# Exercise
The output should match the data below line for line.
________________
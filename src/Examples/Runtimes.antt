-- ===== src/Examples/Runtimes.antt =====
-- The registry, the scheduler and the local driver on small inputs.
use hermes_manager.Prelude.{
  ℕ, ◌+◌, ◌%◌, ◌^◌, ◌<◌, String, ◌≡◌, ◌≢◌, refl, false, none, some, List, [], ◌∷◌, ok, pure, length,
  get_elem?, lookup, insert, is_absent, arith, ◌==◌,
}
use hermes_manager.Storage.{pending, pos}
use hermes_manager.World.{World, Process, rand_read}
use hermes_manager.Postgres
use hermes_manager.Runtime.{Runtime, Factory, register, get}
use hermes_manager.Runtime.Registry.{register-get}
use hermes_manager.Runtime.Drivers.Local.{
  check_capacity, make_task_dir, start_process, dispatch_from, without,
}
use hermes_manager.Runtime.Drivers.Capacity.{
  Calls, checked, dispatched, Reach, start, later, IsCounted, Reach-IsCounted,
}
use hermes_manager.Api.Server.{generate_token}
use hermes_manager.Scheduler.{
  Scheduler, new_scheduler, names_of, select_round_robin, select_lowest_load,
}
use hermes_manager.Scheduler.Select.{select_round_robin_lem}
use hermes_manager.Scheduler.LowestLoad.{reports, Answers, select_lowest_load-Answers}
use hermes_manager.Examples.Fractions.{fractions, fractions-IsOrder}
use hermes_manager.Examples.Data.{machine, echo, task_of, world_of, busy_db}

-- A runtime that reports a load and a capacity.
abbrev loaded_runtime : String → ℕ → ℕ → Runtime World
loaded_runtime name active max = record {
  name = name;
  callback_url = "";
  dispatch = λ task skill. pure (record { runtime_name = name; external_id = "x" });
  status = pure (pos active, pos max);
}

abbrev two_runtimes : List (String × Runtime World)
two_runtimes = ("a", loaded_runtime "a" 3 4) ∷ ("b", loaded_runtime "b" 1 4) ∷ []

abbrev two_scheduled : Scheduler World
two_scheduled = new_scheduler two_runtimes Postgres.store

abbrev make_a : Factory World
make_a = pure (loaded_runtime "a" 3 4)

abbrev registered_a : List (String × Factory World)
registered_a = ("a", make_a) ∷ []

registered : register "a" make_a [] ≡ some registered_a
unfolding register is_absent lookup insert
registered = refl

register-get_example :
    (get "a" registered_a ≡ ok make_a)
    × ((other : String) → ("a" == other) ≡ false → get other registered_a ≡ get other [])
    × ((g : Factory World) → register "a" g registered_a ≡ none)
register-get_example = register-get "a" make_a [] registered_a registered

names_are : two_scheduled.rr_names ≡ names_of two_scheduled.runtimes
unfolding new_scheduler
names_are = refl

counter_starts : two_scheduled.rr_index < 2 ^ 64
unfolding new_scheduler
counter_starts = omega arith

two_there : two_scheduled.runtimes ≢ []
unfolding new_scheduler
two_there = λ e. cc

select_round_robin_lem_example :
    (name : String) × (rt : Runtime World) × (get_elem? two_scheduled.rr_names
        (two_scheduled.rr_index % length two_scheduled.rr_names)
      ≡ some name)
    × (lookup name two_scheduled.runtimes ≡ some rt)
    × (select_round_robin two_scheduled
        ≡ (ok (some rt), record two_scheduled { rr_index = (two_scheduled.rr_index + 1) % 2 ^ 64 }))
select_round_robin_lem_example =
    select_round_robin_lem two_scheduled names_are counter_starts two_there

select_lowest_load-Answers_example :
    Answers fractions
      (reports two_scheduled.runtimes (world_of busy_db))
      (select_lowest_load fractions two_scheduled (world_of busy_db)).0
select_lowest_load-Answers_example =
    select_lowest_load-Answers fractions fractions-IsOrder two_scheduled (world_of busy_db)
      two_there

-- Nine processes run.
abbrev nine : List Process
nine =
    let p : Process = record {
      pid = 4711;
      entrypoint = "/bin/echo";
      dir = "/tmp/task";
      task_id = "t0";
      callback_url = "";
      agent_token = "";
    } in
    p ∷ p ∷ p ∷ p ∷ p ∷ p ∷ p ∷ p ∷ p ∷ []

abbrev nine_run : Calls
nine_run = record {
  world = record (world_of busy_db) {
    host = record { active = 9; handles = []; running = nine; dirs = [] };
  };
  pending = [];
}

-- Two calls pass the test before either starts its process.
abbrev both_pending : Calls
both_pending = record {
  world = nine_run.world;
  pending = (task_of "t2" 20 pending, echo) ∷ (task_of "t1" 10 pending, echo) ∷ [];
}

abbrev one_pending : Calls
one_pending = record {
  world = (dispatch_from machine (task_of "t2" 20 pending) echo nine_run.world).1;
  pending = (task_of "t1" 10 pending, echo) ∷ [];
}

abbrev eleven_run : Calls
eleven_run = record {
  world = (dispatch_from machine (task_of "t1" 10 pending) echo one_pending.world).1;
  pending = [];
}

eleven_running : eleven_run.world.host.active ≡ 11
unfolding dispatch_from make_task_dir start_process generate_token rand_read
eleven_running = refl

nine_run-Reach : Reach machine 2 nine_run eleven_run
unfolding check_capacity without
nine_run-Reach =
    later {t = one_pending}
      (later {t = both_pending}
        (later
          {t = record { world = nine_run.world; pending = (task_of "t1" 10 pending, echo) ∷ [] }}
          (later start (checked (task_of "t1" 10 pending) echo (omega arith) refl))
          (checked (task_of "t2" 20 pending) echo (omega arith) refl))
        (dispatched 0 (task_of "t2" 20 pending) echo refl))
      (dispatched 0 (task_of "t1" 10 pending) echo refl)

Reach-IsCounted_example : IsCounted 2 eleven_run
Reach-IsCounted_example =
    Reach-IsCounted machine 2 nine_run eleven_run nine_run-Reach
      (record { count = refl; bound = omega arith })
________________
# Answer section
filename src/Examples/Runtimes.antt
-- ===== src/Examples/Runtimes.antt =====
-- The registry, the scheduler and the local driver on small inputs.
use hermes_manager.Prelude.{
  ℕ, ◌+◌, ◌%◌, ◌^◌, ◌<◌, String, ◌≡◌, ◌≢◌, refl, false, none, some, List, [], ◌∷◌, ok, pure, length,
  get_elem?, lookup, insert, is_absent, arith, ◌==◌,
}
use hermes_manager.Storage.{pending, pos}
use hermes_manager.World.{World, Process, rand_read}
use hermes_manager.Postgres
use hermes_manager.Runtime.{Runtime, Factory, register, get}
use hermes_manager.Runtime.Registry.{register-get}
use hermes_manager.Runtime.Drivers.Local.{
  check_capacity, make_task_dir, start_process, dispatch_from, without,
}
use hermes_manager.Runtime.Drivers.Capacity.{
  Calls, checked, dispatched, Reach, start, later, IsCounted, Reach-IsCounted,
}
use hermes_manager.Api.Server.{generate_token}
use hermes_manager.Scheduler.{
  Scheduler, new_scheduler, names_of, select_round_robin, select_lowest_load,
}
use hermes_manager.Scheduler.Select.{select_round_robin_lem}
use hermes_manager.Scheduler.LowestLoad.{reports, Answers, select_lowest_load-Answers}
use hermes_manager.Examples.Fractions.{fractions, fractions-IsOrder}
use hermes_manager.Examples.Data.{machine, echo, task_of, world_of, busy_db}

-- A runtime that reports a load and a capacity.
abbrev loaded_runtime : String → ℕ → ℕ → Runtime World
loaded_runtime name active max = record {
  name = name;
  callback_url = "";
  dispatch = λ task skill. pure (record { runtime_name = name; external_id = "x" });
  status = pure (pos active, pos max);
}

abbrev two_runtimes : List (String × Runtime World)
two_runtimes = ("a", loaded_runtime "a" 3 4) ∷ ("b", loaded_runtime "b" 1 4) ∷ []

abbrev two_scheduled : Scheduler World
two_scheduled = new_scheduler two_runtimes Postgres.store

abbrev make_a : Factory World
make_a = pure (loaded_runtime "a" 3 4)

abbrev registered_a : List (String × Factory World)
registered_a = ("a", make_a) ∷ []

registered : register "a" make_a [] ≡ some registered_a
unfolding register is_absent lookup insert
registered = refl

register-get_example :
    (get "a" registered_a ≡ ok make_a)
    × ((other : String) → ("a" == other) ≡ false → get other registered_a ≡ get other [])
    × ((g : Factory World) → register "a" g registered_a ≡ none)
register-get_example = register-get "a" make_a [] registered_a registered

names_are : two_scheduled.rr_names ≡ names_of two_scheduled.runtimes
unfolding new_scheduler
names_are = refl

counter_starts : two_scheduled.rr_index < 2 ^ 64
unfolding new_scheduler
counter_starts = omega arith

two_there : two_scheduled.runtimes ≢ []
unfolding new_scheduler
two_there = λ e. cc

select_round_robin_lem_example :
    (name : String) × (rt : Runtime World) × (get_elem? two_scheduled.rr_names
        (two_scheduled.rr_index % length two_scheduled.rr_names)
      ≡ some name)
    × (lookup name two_scheduled.runtimes ≡ some rt)
    × (select_round_robin two_scheduled
        ≡ (ok (some rt), record two_scheduled { rr_index = (two_scheduled.rr_index + 1) % 2 ^ 64 }))
select_round_robin_lem_example =
    select_round_robin_lem two_scheduled names_are counter_starts two_there

select_lowest_load-Answers_example :
    Answers fractions
      (reports two_scheduled.runtimes (world_of busy_db))
      (select_lowest_load fractions two_scheduled (world_of busy_db)).0
select_lowest_load-Answers_example =
    select_lowest_load-Answers fractions fractions-IsOrder two_scheduled (world_of busy_db)
      two_there

-- Nine processes run.
abbrev nine : List Process
nine =
    let p : Process = record {
      pid = 4711;
      entrypoint = "/bin/echo";
      dir = "/tmp/task";
      task_id = "t0";
      callback_url = "";
      agent_token = "";
    } in
    p ∷ p ∷ p ∷ p ∷ p ∷ p ∷ p ∷ p ∷ p ∷ []

abbrev nine_run : Calls
nine_run = record {
  world = record (world_of busy_db) {
    host = record { active = 9; handles = []; running = nine; dirs = [] };
  };
  pending = [];
}

-- Two calls pass the test before either starts its process.
abbrev both_pending : Calls
both_pending = record {
  world = nine_run.world;
  pending = (task_of "t2" 20 pending, echo) ∷ (task_of "t1" 10 pending, echo) ∷ [];
}

abbrev one_pending : Calls
one_pending = record {
  world = (dispatch_from machine (task_of "t2" 20 pending) echo nine_run.world).1;
  pending = (task_of "t1" 10 pending, echo) ∷ [];
}

abbrev eleven_run : Calls
eleven_run = record {
  world = (dispatch_from machine (task_of "t1" 10 pending) echo one_pending.world).1;
  pending = [];
}

eleven_running : eleven_run.world.host.active ≡ 11
unfolding dispatch_from make_task_dir start_process generate_token rand_read
eleven_running = refl

nine_run-Reach : Reach machine 2 nine_run eleven_run
unfolding check_capacity without
nine_run-Reach =
    later {t = one_pending}
      (later {t = both_pending}
        (later
          {t = record { world = nine_run.world; pending = (task_of "t1" 10 pending, echo) ∷ [] }}
          (later start (checked (task_of "t1" 10 pending) echo (omega arith) refl))
          (checked (task_of "t2" 20 pending) echo (omega arith) refl))
        (dispatched 0 (task_of "t2" 20 pending) echo refl))
      (dispatched 0 (task_of "t1" 10 pending) echo refl)

Reach-IsCounted_example : IsCounted 2 eleven_run
Reach-IsCounted_example =
    Reach-IsCounted machine 2 nine_run eleven_run nine_run-Reach
      (record { count = refl; bound = omega arith })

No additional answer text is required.